What to produce → Using the records below, give again exactly the lines from the line that contains "local = record" through the line that contains "next (start 2 4 65536) _ _ (here _)", both ends included, and only those.

Records from a collection
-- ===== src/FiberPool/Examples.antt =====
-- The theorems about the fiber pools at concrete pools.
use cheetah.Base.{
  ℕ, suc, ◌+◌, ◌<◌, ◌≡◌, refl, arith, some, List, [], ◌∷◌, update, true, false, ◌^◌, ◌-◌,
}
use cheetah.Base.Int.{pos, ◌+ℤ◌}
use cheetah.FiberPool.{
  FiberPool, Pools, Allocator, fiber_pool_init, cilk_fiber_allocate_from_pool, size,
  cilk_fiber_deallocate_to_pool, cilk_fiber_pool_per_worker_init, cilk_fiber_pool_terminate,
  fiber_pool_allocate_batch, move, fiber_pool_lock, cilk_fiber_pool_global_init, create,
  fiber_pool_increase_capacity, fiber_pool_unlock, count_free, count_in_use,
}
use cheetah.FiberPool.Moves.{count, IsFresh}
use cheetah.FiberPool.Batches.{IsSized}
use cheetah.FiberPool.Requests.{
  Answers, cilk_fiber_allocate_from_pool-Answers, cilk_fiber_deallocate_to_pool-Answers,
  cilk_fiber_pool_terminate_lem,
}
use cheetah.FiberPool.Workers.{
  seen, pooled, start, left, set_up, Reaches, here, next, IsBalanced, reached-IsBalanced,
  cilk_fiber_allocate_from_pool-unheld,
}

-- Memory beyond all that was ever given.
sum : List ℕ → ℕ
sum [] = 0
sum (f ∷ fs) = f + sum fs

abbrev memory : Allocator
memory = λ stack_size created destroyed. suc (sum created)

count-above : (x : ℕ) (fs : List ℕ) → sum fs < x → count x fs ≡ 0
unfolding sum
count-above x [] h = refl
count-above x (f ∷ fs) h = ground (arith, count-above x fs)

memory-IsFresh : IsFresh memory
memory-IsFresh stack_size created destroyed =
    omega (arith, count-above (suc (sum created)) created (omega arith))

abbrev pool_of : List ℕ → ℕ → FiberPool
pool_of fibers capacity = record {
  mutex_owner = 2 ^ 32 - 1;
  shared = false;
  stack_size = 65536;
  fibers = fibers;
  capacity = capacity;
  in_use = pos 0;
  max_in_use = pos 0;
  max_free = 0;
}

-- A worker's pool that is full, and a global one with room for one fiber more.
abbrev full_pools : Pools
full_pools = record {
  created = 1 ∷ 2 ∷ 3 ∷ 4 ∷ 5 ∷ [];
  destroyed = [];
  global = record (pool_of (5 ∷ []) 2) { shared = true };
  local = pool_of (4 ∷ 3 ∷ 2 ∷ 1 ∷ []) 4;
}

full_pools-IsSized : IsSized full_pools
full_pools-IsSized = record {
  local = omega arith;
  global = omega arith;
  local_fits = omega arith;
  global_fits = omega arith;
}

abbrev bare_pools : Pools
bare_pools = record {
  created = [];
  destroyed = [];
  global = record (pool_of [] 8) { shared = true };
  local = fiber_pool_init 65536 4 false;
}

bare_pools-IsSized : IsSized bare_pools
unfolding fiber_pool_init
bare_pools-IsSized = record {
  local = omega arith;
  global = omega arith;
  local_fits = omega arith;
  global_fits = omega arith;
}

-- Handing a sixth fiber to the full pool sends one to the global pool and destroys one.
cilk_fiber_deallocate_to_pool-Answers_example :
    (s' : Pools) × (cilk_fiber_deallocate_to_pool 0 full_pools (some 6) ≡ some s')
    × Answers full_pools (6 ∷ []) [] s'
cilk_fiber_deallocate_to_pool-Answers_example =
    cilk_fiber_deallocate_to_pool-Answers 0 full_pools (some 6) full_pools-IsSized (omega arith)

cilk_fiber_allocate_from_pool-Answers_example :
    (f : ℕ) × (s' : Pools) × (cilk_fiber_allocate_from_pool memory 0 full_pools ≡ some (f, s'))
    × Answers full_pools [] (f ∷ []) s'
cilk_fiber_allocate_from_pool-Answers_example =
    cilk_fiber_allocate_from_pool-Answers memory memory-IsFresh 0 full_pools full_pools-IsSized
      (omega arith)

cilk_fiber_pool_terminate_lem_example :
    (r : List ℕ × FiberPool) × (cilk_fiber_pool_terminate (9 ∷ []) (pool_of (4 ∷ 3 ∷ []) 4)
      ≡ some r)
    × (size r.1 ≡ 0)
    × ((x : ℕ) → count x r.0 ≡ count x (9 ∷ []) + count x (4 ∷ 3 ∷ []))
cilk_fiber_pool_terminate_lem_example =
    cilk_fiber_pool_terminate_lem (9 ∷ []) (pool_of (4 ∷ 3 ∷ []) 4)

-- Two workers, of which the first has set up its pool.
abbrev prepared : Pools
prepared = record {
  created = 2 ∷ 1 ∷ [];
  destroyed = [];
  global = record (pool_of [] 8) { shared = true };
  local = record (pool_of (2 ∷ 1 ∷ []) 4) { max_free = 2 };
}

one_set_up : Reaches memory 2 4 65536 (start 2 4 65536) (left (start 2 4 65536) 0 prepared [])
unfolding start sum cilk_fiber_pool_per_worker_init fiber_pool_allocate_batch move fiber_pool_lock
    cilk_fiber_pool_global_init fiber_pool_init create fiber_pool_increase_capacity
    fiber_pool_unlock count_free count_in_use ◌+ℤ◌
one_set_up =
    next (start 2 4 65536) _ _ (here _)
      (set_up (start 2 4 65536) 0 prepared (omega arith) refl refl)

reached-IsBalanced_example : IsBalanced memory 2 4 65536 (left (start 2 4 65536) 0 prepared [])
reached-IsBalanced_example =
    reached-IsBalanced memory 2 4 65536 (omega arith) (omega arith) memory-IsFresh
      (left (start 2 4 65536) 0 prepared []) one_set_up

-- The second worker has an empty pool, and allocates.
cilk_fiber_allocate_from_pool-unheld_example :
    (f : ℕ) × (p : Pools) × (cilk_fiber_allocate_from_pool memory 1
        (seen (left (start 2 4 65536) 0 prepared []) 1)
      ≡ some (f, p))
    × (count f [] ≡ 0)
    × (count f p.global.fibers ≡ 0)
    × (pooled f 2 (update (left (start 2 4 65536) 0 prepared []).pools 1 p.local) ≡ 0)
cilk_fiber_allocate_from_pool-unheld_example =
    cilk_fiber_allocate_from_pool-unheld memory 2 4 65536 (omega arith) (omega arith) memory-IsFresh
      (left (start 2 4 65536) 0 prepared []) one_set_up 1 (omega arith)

Answer →
  local = record (pool_of (2 ∷ 1 ∷ []) 4) { max_free = 2 };
}

one_set_up : Reaches memory 2 4 65536 (start 2 4 65536) (left (start 2 4 65536) 0 prepared [])
unfolding start sum cilk_fiber_pool_per_worker_init fiber_pool_allocate_batch move fiber_pool_lock
    cilk_fiber_pool_global_init fiber_pool_init create fiber_pool_increase_capacity
    fiber_pool_unlock count_free count_in_use ◌+ℤ◌
one_set_up =
    next (start 2 4 65536) _ _ (here _)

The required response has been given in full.